● TASK TO COMPLETE
Reproduce the data in full, exactly.

Data entries
-------------------------

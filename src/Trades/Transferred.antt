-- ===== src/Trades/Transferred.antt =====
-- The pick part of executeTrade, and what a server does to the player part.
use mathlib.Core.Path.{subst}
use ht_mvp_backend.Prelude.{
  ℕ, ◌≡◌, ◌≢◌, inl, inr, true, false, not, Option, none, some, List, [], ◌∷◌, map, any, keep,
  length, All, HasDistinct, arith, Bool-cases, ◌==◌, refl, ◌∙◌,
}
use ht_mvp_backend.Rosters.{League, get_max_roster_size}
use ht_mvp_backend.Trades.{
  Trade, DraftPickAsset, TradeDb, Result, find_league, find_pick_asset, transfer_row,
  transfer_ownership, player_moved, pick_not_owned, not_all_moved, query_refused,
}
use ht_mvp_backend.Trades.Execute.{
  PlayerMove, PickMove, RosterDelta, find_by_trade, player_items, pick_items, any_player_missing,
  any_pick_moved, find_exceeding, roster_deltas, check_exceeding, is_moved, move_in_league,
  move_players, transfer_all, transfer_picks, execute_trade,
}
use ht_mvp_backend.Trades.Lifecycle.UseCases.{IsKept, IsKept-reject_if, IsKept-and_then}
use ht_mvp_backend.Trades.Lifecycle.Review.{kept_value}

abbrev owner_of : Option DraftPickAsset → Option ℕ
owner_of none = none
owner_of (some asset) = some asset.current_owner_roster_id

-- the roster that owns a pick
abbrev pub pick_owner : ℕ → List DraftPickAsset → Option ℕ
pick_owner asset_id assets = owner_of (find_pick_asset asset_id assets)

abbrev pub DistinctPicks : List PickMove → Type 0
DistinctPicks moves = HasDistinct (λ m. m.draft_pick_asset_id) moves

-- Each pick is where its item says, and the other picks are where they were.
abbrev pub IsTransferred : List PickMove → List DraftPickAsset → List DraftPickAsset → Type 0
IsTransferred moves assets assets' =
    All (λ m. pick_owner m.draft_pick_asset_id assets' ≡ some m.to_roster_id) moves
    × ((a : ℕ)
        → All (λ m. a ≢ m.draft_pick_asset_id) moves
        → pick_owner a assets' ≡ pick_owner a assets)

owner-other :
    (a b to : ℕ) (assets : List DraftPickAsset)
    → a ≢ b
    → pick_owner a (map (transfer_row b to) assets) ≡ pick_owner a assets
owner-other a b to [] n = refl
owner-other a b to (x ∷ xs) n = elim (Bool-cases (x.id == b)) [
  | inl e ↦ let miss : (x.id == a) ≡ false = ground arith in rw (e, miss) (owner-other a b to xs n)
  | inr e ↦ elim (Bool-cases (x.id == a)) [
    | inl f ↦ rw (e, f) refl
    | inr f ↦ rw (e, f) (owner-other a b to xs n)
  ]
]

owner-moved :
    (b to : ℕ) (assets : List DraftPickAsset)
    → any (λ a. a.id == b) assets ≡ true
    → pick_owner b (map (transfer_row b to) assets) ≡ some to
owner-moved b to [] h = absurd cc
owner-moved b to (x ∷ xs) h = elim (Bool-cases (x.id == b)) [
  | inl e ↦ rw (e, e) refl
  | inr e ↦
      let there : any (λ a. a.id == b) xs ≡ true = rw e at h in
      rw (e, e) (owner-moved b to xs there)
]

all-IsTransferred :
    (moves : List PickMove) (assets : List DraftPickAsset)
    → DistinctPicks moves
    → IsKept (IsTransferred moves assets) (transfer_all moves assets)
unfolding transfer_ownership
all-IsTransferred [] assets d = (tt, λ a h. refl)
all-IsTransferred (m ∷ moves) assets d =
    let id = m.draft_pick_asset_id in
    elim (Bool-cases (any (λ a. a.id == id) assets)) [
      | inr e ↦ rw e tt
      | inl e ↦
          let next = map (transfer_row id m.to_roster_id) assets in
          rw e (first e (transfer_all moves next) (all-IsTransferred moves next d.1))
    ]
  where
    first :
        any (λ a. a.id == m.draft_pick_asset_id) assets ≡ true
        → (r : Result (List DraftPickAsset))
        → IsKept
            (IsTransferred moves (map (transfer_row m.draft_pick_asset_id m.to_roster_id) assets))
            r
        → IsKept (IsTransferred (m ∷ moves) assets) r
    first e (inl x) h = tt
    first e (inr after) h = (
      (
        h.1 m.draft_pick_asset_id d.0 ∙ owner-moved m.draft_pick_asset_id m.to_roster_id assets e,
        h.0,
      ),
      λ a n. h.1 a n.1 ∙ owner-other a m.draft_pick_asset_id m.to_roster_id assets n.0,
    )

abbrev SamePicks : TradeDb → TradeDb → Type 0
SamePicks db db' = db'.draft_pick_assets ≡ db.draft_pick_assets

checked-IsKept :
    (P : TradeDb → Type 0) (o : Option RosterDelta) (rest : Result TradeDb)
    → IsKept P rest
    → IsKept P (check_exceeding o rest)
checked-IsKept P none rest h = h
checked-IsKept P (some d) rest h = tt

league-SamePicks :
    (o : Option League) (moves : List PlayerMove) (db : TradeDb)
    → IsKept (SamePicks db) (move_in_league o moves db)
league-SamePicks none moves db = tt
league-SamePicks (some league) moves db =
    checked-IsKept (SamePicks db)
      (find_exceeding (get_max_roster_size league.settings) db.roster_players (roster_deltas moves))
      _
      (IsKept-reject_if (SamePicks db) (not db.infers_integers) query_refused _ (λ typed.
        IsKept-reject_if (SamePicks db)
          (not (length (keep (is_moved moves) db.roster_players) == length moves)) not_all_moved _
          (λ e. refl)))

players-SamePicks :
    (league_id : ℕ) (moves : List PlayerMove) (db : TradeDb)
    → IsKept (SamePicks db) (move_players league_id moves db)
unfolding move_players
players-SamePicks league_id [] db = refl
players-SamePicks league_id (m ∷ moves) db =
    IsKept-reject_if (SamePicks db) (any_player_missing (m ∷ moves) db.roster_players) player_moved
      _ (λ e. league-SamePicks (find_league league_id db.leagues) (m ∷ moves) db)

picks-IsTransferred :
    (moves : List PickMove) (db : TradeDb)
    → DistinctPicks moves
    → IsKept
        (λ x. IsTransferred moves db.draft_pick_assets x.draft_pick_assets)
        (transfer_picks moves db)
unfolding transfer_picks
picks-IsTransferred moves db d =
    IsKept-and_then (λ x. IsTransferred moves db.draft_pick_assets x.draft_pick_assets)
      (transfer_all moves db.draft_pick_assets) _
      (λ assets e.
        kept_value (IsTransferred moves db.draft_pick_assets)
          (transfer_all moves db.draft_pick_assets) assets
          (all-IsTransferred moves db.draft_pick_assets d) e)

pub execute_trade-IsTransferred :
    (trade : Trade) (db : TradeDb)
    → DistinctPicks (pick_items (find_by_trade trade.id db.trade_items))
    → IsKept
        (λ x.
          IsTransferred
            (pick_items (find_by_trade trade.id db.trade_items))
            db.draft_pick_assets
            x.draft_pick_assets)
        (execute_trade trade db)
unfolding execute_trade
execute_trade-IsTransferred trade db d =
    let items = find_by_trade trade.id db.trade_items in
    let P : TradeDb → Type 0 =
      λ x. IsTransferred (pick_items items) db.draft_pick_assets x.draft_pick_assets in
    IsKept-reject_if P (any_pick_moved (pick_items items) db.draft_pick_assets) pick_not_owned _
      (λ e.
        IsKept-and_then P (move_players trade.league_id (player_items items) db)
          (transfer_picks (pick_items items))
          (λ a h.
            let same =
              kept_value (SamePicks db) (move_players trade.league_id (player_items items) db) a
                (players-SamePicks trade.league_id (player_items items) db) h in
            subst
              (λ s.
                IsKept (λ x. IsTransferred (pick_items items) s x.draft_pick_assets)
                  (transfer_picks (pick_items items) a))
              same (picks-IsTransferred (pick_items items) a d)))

-------------------------

● YOUR SOLUTION
filename src/Trades/Transferred.antt
-- ===== src/Trades/Transferred.antt =====
-- The pick part of executeTrade, and what a server does to the player part.
use mathlib.Core.Path.{subst}
use ht_mvp_backend.Prelude.{
  ℕ, ◌≡◌, ◌≢◌, inl, inr, true, false, not, Option, none, some, List, [], ◌∷◌, map, any, keep,
  length, All, HasDistinct, arith, Bool-cases, ◌==◌, refl, ◌∙◌,
}
use ht_mvp_backend.Rosters.{League, get_max_roster_size}
use ht_mvp_backend.Trades.{
  Trade, DraftPickAsset, TradeDb, Result, find_league, find_pick_asset, transfer_row,
  transfer_ownership, player_moved, pick_not_owned, not_all_moved, query_refused,
}
use ht_mvp_backend.Trades.Execute.{
  PlayerMove, PickMove, RosterDelta, find_by_trade, player_items, pick_items, any_player_missing,
  any_pick_moved, find_exceeding, roster_deltas, check_exceeding, is_moved, move_in_league,
  move_players, transfer_all, transfer_picks, execute_trade,
}
use ht_mvp_backend.Trades.Lifecycle.UseCases.{IsKept, IsKept-reject_if, IsKept-and_then}
use ht_mvp_backend.Trades.Lifecycle.Review.{kept_value}

abbrev owner_of : Option DraftPickAsset → Option ℕ
owner_of none = none
owner_of (some asset) = some asset.current_owner_roster_id

-- the roster that owns a pick
abbrev pub pick_owner : ℕ → List DraftPickAsset → Option ℕ
pick_owner asset_id assets = owner_of (find_pick_asset asset_id assets)

abbrev pub DistinctPicks : List PickMove → Type 0
DistinctPicks moves = HasDistinct (λ m. m.draft_pick_asset_id) moves

-- Each pick is where its item says, and the other picks are where they were.
abbrev pub IsTransferred : List PickMove → List DraftPickAsset → List DraftPickAsset → Type 0
IsTransferred moves assets assets' =
    All (λ m. pick_owner m.draft_pick_asset_id assets' ≡ some m.to_roster_id) moves
    × ((a : ℕ)
        → All (λ m. a ≢ m.draft_pick_asset_id) moves
        → pick_owner a assets' ≡ pick_owner a assets)

owner-other :
    (a b to : ℕ) (assets : List DraftPickAsset)
    → a ≢ b
    → pick_owner a (map (transfer_row b to) assets) ≡ pick_owner a assets
owner-other a b to [] n = refl
owner-other a b to (x ∷ xs) n = elim (Bool-cases (x.id == b)) [
  | inl e ↦ let miss : (x.id == a) ≡ false = ground arith in rw (e, miss) (owner-other a b to xs n)
  | inr e ↦ elim (Bool-cases (x.id == a)) [
    | inl f ↦ rw (e, f) refl
    | inr f ↦ rw (e, f) (owner-other a b to xs n)
  ]
]

owner-moved :
    (b to : ℕ) (assets : List DraftPickAsset)
    → any (λ a. a.id == b) assets ≡ true
    → pick_owner b (map (transfer_row b to) assets) ≡ some to
owner-moved b to [] h = absurd cc
owner-moved b to (x ∷ xs) h = elim (Bool-cases (x.id == b)) [
  | inl e ↦ rw (e, e) refl
  | inr e ↦
      let there : any (λ a. a.id == b) xs ≡ true = rw e at h in
      rw (e, e) (owner-moved b to xs there)
]

all-IsTransferred :
    (moves : List PickMove) (assets : List DraftPickAsset)
    → DistinctPicks moves
    → IsKept (IsTransferred moves assets) (transfer_all moves assets)
unfolding transfer_ownership
all-IsTransferred [] assets d = (tt, λ a h. refl)
all-IsTransferred (m ∷ moves) assets d =
    let id = m.draft_pick_asset_id in
    elim (Bool-cases (any (λ a. a.id == id) assets)) [
      | inr e ↦ rw e tt
      | inl e ↦
          let next = map (transfer_row id m.to_roster_id) assets in
          rw e (first e (transfer_all moves next) (all-IsTransferred moves next d.1))
    ]
  where
    first :
        any (λ a. a.id == m.draft_pick_asset_id) assets ≡ true
        → (r : Result (List DraftPickAsset))
        → IsKept
            (IsTransferred moves (map (transfer_row m.draft_pick_asset_id m.to_roster_id) assets))
            r
        → IsKept (IsTransferred (m ∷ moves) assets) r
    first e (inl x) h = tt
    first e (inr after) h = (
      (
        h.1 m.draft_pick_asset_id d.0 ∙ owner-moved m.draft_pick_asset_id m.to_roster_id assets e,
        h.0,
      ),
      λ a n. h.1 a n.1 ∙ owner-other a m.draft_pick_asset_id m.to_roster_id assets n.0,
    )

abbrev SamePicks : TradeDb → TradeDb → Type 0
SamePicks db db' = db'.draft_pick_assets ≡ db.draft_pick_assets

checked-IsKept :
    (P : TradeDb → Type 0) (o : Option RosterDelta) (rest : Result TradeDb)
    → IsKept P rest
    → IsKept P (check_exceeding o rest)
checked-IsKept P none rest h = h
checked-IsKept P (some d) rest h = tt

league-SamePicks :
    (o : Option League) (moves : List PlayerMove) (db : TradeDb)
    → IsKept (SamePicks db) (move_in_league o moves db)
league-SamePicks none moves db = tt
league-SamePicks (some league) moves db =
    checked-IsKept (SamePicks db)
      (find_exceeding (get_max_roster_size league.settings) db.roster_players (roster_deltas moves))
      _
      (IsKept-reject_if (SamePicks db) (not db.infers_integers) query_refused _ (λ typed.
        IsKept-reject_if (SamePicks db)
          (not (length (keep (is_moved moves) db.roster_players) == length moves)) not_all_moved _
          (λ e. refl)))

players-SamePicks :
    (league_id : ℕ) (moves : List PlayerMove) (db : TradeDb)
    → IsKept (SamePicks db) (move_players league_id moves db)
unfolding move_players
players-SamePicks league_id [] db = refl
players-SamePicks league_id (m ∷ moves) db =
    IsKept-reject_if (SamePicks db) (any_player_missing (m ∷ moves) db.roster_players) player_moved
      _ (λ e. league-SamePicks (find_league league_id db.leagues) (m ∷ moves) db)

picks-IsTransferred :
    (moves : List PickMove) (db : TradeDb)
    → DistinctPicks moves
    → IsKept
        (λ x. IsTransferred moves db.draft_pick_assets x.draft_pick_assets)
        (transfer_picks moves db)
unfolding transfer_picks
picks-IsTransferred moves db d =
    IsKept-and_then (λ x. IsTransferred moves db.draft_pick_assets x.draft_pick_assets)
      (transfer_all moves db.draft_pick_assets) _
      (λ assets e.
        kept_value (IsTransferred moves db.draft_pick_assets)
          (transfer_all moves db.draft_pick_assets) assets
          (all-IsTransferred moves db.draft_pick_assets d) e)

pub execute_trade-IsTransferred :
    (trade : Trade) (db : TradeDb)
    → DistinctPicks (pick_items (find_by_trade trade.id db.trade_items))
    → IsKept
        (λ x.
          IsTransferred
            (pick_items (find_by_trade trade.id db.trade_items))
            db.draft_pick_assets
            x.draft_pick_assets)
        (execute_trade trade db)
unfolding execute_trade
execute_trade-IsTransferred trade db d =
    let items = find_by_trade trade.id db.trade_items in
    let P : TradeDb → Type 0 =
      λ x. IsTransferred (pick_items items) db.draft_pick_assets x.draft_pick_assets in
    IsKept-reject_if P (any_pick_moved (pick_items items) db.draft_pick_assets) pick_not_owned _
      (λ e.
        IsKept-and_then P (move_players trade.league_id (player_items items) db)
          (transfer_picks (pick_items items))
          (λ a h.
            let same =
              kept_value (SamePicks db) (move_players trade.league_id (player_items items) db) a
                (players-SamePicks trade.league_id (player_items items) db) h in
            subst
              (λ s.
                IsKept (λ x. IsTransferred (pick_items items) s x.draft_pick_assets)
                  (transfer_picks (pick_items items) a))
              same (picks-IsTransferred (pick_items items) a d)))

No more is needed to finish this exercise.